Department of Respiratory Medicine, Tokyo Medical and Dental University, 1-5-45, Yushima, Tokyo, Bunkyo-ku, 113-8510, Japan.
Department of Biostatistics, M&D Data Science Center, Tokyo Medical and Dental University, Tokyo, Japan.
Eur Radiol. 2024 Jan;34(1):374-383. doi: 10.1007/s00330-023-09937-x. Epub 2023 Aug 3.
To compare the [F]FDG PET/CT findings of untreated sarcoidosis and malignant lymphoma (ML) and develop convolutional neural network (CNN) models to differentiate between these diseases using maximum intensity projection (MIP) [F]FDG PET images.
We retrospectively collected data on consecutive patients newly diagnosed with sarcoidosis and ML who underwent [F]FDG PET/CT before treatment. Two nuclear radiologists reviewed the images. CNN models were created using MIP PET images and evaluated with k-fold cross-validation. The points of interest were visualized using gradient-weighted class activation mapping (Grad-CAM).
A total of 56 patients with sarcoidosis and 62 patients with ML were included. Patients with sarcoidosis had more prominent FDG accumulation in the mediastinal lymph nodes and lung lesions, while those with ML had more prominent accumulation in the cervical lymph nodes (all p < 0.001). For the mediastinal lymph nodes, sarcoidosis patients had significant FDG accumulation in the level 2, 4, 7, and 10 lymph nodes (all p < 0.01). Otherwise, the accumulation in ML patients tended to be in the level 1 lymph nodes (p = 0.08). The CNN model using frontal and lateral MIP images achieved an average accuracy of 0.890 (95% CI: 0.804-0.977), a sensitivity of 0.898 (95% CI: 0.782-1.000), a specificity of 0.907 (95% CI: 0.799-1.000), and an area under the curve of 0.963 (95% CI: 0.899-1.000). Grad-CAM showed that the model focused on the sites of abnormal FDG accumulation.
CNN models based on differences in FDG accumulation sites archive high performance in differentiating between sarcoidosis and ML.

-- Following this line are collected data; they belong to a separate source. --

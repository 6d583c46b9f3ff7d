-- ===== src/Property/Total.antt =====
-- The loop of `property__read_all` ends: no step of it is a fault, and its fuel is enough.
use dimq.Property.Kinds.{
  unsupported, text_pair, binary, text, variable, four_bytes, two_bytes, byte, read_kind, Property,
  Kind,
}
use dimq.Property.Format.{length-format_property, format_property}
use dimq.Prelude.{
  length-append, ◌∙◌, ap, subst, inr, inl, refl, Bool-cases, ◌<◌, arith, ℕ, zero, suc, ◌^◌, ◌≡◌,
  ◌≢◌, ◌==◌, List, [], ◌∷◌, length,
}
use dimq.Packet.Format.{
  format_binary, format_varint, parse_binary, parse_string, parse_uint16, parse_varint,
  parse_uint32, parse_byte,
}
use dimq.Property.Lists.{parse_property-ok, parse_malloc-ok}
use dimq.Packet.Safe.{
  parse_binary-ne-fault, parse_string-ok, parse_uint16-ne-fault, parse_varint-ne-fault,
}
use dimq.Utf8.Sound.{AllBytes-append, AllBytes}
use dimq.Property.{minus32}
use dimq.Packet.Basic.{parse_malloc}
use dimq.Packet.Laws.{parse_varint_canonical}
use dimq.Packet.{Heap}
use dimq.Property.Parse.{parse_value, parse_property, parse_properties, done}
use dimq.Packet.Parse.{after, Parse, chain}
use dimq.Result.{Result, ok, err, fault}

pub chain-ne-fault :
    {A B : Type 0} (s : Parse A) (t : A → Parse B) (bs : List ℕ) (h : Heap)
    → s bs h ≢ fault
    → ((y : A × List ℕ × Heap) → s bs h ≡ ok y → t y.0 y.1 y.2 ≢ fault)
    → chain s t bs h ≢ fault
chain-ne-fault {A} s t bs h n k = go (s bs h) refl
  where
    go : (r : Result (A × List ℕ × Heap)) → s bs h ≡ r → after r t ≢ fault
    go (ok y) e = k y e
    go (err z) e = λ q. absurd (ground arith)
    go fault e = λ q. n e

parse_byte-ne-fault : (bs : List ℕ) (h : Heap) → parse_byte bs h ≢ fault
unfolding parse_byte
parse_byte-ne-fault [] h e = cc
parse_byte-ne-fault (b ∷ bs) h e = cc

parse_uint32-ne-fault : (bs : List ℕ) (h : Heap) → parse_uint32 bs h ≢ fault
unfolding parse_uint32
parse_uint32-ne-fault [] h e = cc
parse_uint32-ne-fault (a ∷ []) h e = cc
parse_uint32-ne-fault (a ∷ b ∷ []) h e = cc
parse_uint32-ne-fault (a ∷ b ∷ c ∷ []) h e = cc
parse_uint32-ne-fault (a ∷ b ∷ c ∷ d ∷ bs) h e = cc

pub done-ne-fault : {A : Type 0} (a : A) (bs : List ℕ) (h : Heap) → done a bs h ≢ fault
done-ne-fault a bs h e = cc

parse_value-ne-fault :
    (k : Kind) (n len : ℕ) (bs : List ℕ) (h : Heap) → AllBytes bs → parse_value k n len bs h ≢ fault
unfolding parse_value
parse_value-ne-fault byte n len bs h b =
    chain-ne-fault parse_byte _ bs h (parse_byte-ne-fault bs h)
      λ y _. done-ne-fault {A = ℕ × Property} _ y.1 y.2
parse_value-ne-fault two_bytes n len bs h b =
    chain-ne-fault parse_uint16 _ bs h (parse_uint16-ne-fault bs h)
      λ y _. done-ne-fault {A = ℕ × Property} _ y.1 y.2
parse_value-ne-fault four_bytes n len bs h b =
    chain-ne-fault parse_uint32 _ bs h (parse_uint32-ne-fault bs h)
      λ y _. done-ne-fault {A = ℕ × Property} _ y.1 y.2
parse_value-ne-fault variable n len bs h b =
    chain-ne-fault parse_varint _ bs h (parse_varint-ne-fault bs h)
      λ y _. done-ne-fault {A = ℕ × Property} _ y.1 y.2
parse_value-ne-fault text n len bs h b =
    chain-ne-fault parse_string _ bs h (parse_string-ok bs h b).0
      λ y _. done-ne-fault {A = ℕ × Property} _ y.1 y.2
parse_value-ne-fault binary n len bs h b =
    chain-ne-fault parse_binary _ bs h (parse_binary-ne-fault bs h)
      λ y _. done-ne-fault {A = ℕ × Property} _ y.1 y.2
parse_value-ne-fault text_pair n len bs h b =
    chain-ne-fault parse_string _ bs h (parse_string-ok bs h b).0 λ (s, r, g) e.
      let (_, _, split) = (parse_string-ok bs h b).1 s r g e in
      let b' = AllBytes-append (format_binary s) r (subst AllBytes split b) in
      chain-ne-fault parse_string _ r g (parse_string-ok r g b').0
        λ y _. done-ne-fault {A = ℕ × Property} _ y.1 y.2
parse_value-ne-fault unsupported n len bs h b = λ e. cc

parse_property-ne-fault :
    (len : ℕ) (bs : List ℕ) (h : Heap) → AllBytes bs → parse_property len bs h ≢ fault
unfolding parse_property
parse_property-ne-fault len bs h b =
    chain-ne-fault parse_varint _ bs h (parse_varint-ne-fault bs h) λ ((n, count), r, k) p.
      let (_, split, _, _) = parse_varint_canonical h k n count r bs b p in
      parse_value-ne-fault (read_kind n) n (minus32 len 1) r k
        (AllBytes-append (format_varint n) r (subst AllBytes split b))

pub parse_properties-ne-fault :
    (fuel len : ℕ) (bs : List ℕ) (h : Heap)
    → len < 2 ^ 32
    → length bs < 2 ^ 31
    → length bs < fuel
    → AllBytes bs
    → parse_properties fuel len bs h ≢ fault
unfolding parse_properties
parse_properties-ne-fault zero len bs h small short enough b = absurd (omega arith)
parse_properties-ne-fault (suc fuel) len bs h small short enough b = elim (Bool-cases (len == 0)) [
  | inl t ↦ rw t (λ e. cc)
  | inr t ↦ rw t (
      chain-ne-fault parse_malloc _ bs h (λ e. absurd (ground arith))
        λ (u, r0, k0) p0.
          let same = parse_malloc-ok bs h u r0 k0 p0 in
          let b0 = subst AllBytes same b in
          let short0 = subst (λ u. length u < 2 ^ 31) same short in
          chain-ne-fault (parse_property len) _ r0 k0 (parse_property-ne-fault len r0 k0 b0)
            λ ((len', prop), r1, k1) p1.
              let one = parse_property-ok len r0 k0 len' prop r1 k1 small short0 b0 p1 in
              let b1 = AllBytes-append (format_property prop) r1 (subst AllBytes one.split b0) in
              let size = ap length one.split ∙ length-append (format_property prop) r1 in
              let least = length-format_property prop one.fits in
              chain-ne-fault (parse_properties fuel len') _ r1 k1
                (parse_properties-ne-fault fuel len' r1 k1 (omega (arith, one.counted))
                  (omega (arith, short0, size)) (omega (arith, enough, ap length same, size, least))
                  b1)
                λ y _. done-ne-fault {A = List Property} _ y.1 y.2)
]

We developed a CNN model using MIP images of [F]FDG PET/CT to distinguish between sarcoidosis and malignant lymphoma. It achieved high performance and could be useful in diagnosing diseases with involvement across organs and lymph nodes.
• There are differences in FDG distribution when comparing whole-body [F]FDG PET/CT findings in patients with sarcoidosis and malignant lymphoma before treatment. • Convolutional neural networks, a type of deep learning technique, trained with maximum-intensity projection PET images from two angles showed high performance. • A deep learning model that utilizes differences in FDG distribution may be helpful in differentiating between diseases with lesions that are characteristically widespread among organs and lymph nodes.
比较未经治疗的结节病和恶性淋巴瘤(ML)的[F]FDG PET/CT 表现,并开发卷积神经网络(CNN)模型,使用最大强度投影(MIP)[F]FDG PET 图像来区分这些疾病。
我们回顾性收集了 56 例新诊断为结节病和 62 例 ML 的连续患者的资料,这些患者在治疗前均进行了[F]FDG PET/CT 检查。两名核医学医师对图像进行了评估。使用 MIP PET 图像创建 CNN 模型,并使用 k 折交叉验证进行评估。使用梯度加权类激活映射(Grad-CAM)可视化感兴趣的区域。
共纳入 56 例结节病患者和 62 例 ML 患者。与 ML 患者相比,结节病患者纵隔淋巴结和肺部病变的 FDG 摄取更明显(均 P < 0.001)。对于纵隔淋巴结,结节病患者在第 2、4、7 和 10 水平淋巴结有明显的 FDG 摄取(均 P < 0.01)。而 ML 患者的摄取倾向于第 1 水平淋巴结(P = 0.08)。使用前后位和侧位 MIP 图像的 CNN 模型平均准确率为 0.890(95%CI:0.804-0.977),敏感度为 0.898(95%CI:0.782-1.000),特异度为 0.907(95%CI:0.799-1.000),曲线下面积为 0.963(95%CI:0.899-1.000)。Grad-CAM 显示模型关注的是异常 FDG 摄取部位。
基于 FDG 摄取部位差异的 CNN 模型在区分结节病和 ML 方面具有较高的性能。
我们使用[F]FDG PET/CT 的 MIP 图像开发了一个 CNN 模型来区分结节病和恶性淋巴瘤。它具有较高的性能,可用于诊断涉及器官和淋巴结的疾病。
比较未经治疗的结节病和恶性淋巴瘤患者的全身[F]FDG PET/CT 表现,发现 FDG 分布存在差异。
利用前后位和侧位 MIP 图像训练的卷积神经网络,性能较高。
利用 FDG 分布差异的深度学习模型,可能有助于区分特征性地广泛累及器官和淋巴结的疾病。